(Records for this task)
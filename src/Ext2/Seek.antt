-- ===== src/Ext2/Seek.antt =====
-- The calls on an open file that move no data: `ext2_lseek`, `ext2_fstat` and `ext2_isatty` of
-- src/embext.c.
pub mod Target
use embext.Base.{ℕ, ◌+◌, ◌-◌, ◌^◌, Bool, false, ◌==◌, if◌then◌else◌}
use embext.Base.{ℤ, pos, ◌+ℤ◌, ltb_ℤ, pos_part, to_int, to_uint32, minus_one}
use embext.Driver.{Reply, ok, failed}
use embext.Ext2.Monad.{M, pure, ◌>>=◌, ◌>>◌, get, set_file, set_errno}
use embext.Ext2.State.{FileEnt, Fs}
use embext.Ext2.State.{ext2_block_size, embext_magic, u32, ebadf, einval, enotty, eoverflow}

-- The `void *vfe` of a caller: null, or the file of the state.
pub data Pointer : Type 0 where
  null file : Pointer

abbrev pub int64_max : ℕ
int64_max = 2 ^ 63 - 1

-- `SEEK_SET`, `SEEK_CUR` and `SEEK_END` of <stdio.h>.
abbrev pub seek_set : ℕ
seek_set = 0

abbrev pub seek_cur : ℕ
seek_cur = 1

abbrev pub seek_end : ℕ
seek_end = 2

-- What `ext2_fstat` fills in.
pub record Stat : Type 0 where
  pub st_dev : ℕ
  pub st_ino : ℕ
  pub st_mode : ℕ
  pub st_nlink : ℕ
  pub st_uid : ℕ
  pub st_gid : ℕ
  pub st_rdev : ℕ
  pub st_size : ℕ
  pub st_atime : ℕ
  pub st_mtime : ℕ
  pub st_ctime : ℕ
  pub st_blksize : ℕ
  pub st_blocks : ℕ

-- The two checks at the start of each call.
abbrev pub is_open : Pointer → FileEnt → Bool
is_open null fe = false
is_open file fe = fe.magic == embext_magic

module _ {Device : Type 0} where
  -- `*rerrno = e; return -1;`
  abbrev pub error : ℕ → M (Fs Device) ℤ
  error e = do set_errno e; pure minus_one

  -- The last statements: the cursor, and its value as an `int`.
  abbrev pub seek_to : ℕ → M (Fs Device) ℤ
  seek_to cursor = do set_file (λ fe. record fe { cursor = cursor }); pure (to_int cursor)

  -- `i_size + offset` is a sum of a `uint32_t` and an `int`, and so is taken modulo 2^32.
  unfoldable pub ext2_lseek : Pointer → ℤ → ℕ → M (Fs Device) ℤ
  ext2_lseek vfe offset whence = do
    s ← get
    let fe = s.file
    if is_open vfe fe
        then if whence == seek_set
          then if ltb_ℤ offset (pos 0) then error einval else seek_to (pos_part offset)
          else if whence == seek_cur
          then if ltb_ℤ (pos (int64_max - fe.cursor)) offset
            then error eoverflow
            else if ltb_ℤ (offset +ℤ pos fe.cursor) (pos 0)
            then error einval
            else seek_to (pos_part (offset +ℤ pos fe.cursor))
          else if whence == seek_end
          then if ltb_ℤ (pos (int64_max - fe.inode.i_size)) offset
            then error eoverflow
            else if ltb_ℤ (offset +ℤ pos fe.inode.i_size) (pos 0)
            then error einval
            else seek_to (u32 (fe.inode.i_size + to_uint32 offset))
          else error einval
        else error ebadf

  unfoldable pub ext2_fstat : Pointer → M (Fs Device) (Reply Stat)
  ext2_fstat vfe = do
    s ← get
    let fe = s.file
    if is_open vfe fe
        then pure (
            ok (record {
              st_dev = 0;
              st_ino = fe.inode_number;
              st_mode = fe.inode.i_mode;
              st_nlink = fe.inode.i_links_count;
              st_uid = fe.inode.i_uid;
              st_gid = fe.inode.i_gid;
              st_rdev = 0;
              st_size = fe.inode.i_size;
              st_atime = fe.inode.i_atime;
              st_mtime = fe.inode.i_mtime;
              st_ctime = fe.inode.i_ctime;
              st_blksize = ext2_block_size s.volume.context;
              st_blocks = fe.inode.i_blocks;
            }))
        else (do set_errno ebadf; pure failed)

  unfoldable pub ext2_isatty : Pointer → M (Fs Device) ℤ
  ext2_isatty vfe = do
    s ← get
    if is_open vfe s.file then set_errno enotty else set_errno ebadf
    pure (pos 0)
(End Records for this task)
(Records for this task)
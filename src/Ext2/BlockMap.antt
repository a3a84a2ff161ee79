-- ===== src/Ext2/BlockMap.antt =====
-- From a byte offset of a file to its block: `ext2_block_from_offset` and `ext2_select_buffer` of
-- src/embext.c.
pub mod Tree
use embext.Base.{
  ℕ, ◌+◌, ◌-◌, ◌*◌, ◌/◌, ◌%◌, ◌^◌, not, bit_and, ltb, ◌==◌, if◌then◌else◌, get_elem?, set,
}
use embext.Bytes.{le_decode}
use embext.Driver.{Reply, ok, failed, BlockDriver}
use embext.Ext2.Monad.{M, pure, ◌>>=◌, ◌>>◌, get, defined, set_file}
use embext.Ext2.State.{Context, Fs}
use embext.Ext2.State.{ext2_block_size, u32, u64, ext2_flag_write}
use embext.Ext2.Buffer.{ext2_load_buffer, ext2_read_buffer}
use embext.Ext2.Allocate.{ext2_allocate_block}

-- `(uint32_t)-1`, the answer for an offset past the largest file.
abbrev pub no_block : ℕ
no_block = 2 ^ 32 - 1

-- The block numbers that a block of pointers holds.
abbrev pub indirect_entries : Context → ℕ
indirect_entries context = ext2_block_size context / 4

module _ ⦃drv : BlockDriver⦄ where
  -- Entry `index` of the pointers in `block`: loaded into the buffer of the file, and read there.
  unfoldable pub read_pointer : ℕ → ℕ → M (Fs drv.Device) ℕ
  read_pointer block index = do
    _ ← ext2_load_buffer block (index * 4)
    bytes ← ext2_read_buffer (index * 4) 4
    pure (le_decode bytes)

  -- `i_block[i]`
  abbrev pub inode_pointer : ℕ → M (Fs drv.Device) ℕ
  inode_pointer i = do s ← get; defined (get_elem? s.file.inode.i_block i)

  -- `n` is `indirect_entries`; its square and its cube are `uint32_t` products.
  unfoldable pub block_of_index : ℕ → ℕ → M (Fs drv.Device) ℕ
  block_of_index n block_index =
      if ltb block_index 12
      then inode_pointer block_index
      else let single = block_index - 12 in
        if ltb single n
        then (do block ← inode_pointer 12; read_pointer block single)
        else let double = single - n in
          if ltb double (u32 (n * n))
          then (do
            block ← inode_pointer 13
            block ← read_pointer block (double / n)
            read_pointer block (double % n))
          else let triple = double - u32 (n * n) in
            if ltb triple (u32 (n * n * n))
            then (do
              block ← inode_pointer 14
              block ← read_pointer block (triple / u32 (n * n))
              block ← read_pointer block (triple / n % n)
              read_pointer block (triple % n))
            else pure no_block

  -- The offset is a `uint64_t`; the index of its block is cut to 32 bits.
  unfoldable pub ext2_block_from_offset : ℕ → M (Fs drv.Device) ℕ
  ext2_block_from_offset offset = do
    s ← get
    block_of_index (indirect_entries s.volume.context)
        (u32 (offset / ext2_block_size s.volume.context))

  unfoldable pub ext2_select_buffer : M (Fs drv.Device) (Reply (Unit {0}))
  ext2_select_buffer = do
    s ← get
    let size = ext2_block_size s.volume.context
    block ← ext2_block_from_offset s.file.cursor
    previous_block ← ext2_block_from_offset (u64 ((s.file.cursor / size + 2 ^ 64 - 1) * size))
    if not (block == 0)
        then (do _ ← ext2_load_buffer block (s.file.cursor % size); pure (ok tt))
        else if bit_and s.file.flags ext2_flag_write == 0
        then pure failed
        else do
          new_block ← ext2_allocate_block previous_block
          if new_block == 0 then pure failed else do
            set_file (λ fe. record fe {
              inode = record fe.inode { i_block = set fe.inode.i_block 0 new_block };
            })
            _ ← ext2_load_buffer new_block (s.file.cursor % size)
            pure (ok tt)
(End Records for this task)
What to do ->
Go back to the listing above. Copy word for word the lines from the one with "st_blksize = ext2_block_size" through the one with "pure (pos 0)", and nothing more.

Answer for this exercise ->
              st_blksize = ext2_block_size s.volume.context;
              st_blocks = fe.inode.i_blocks;
            }))
        else (do set_errno ebadf; pure failed)

  unfoldable pub ext2_isatty : Pointer → M (Fs Device) ℤ
  ext2_isatty vfe = do
    s ← get
    if is_open vfe s.file then set_errno enotty else set_errno ebadf
    pure (pos 0)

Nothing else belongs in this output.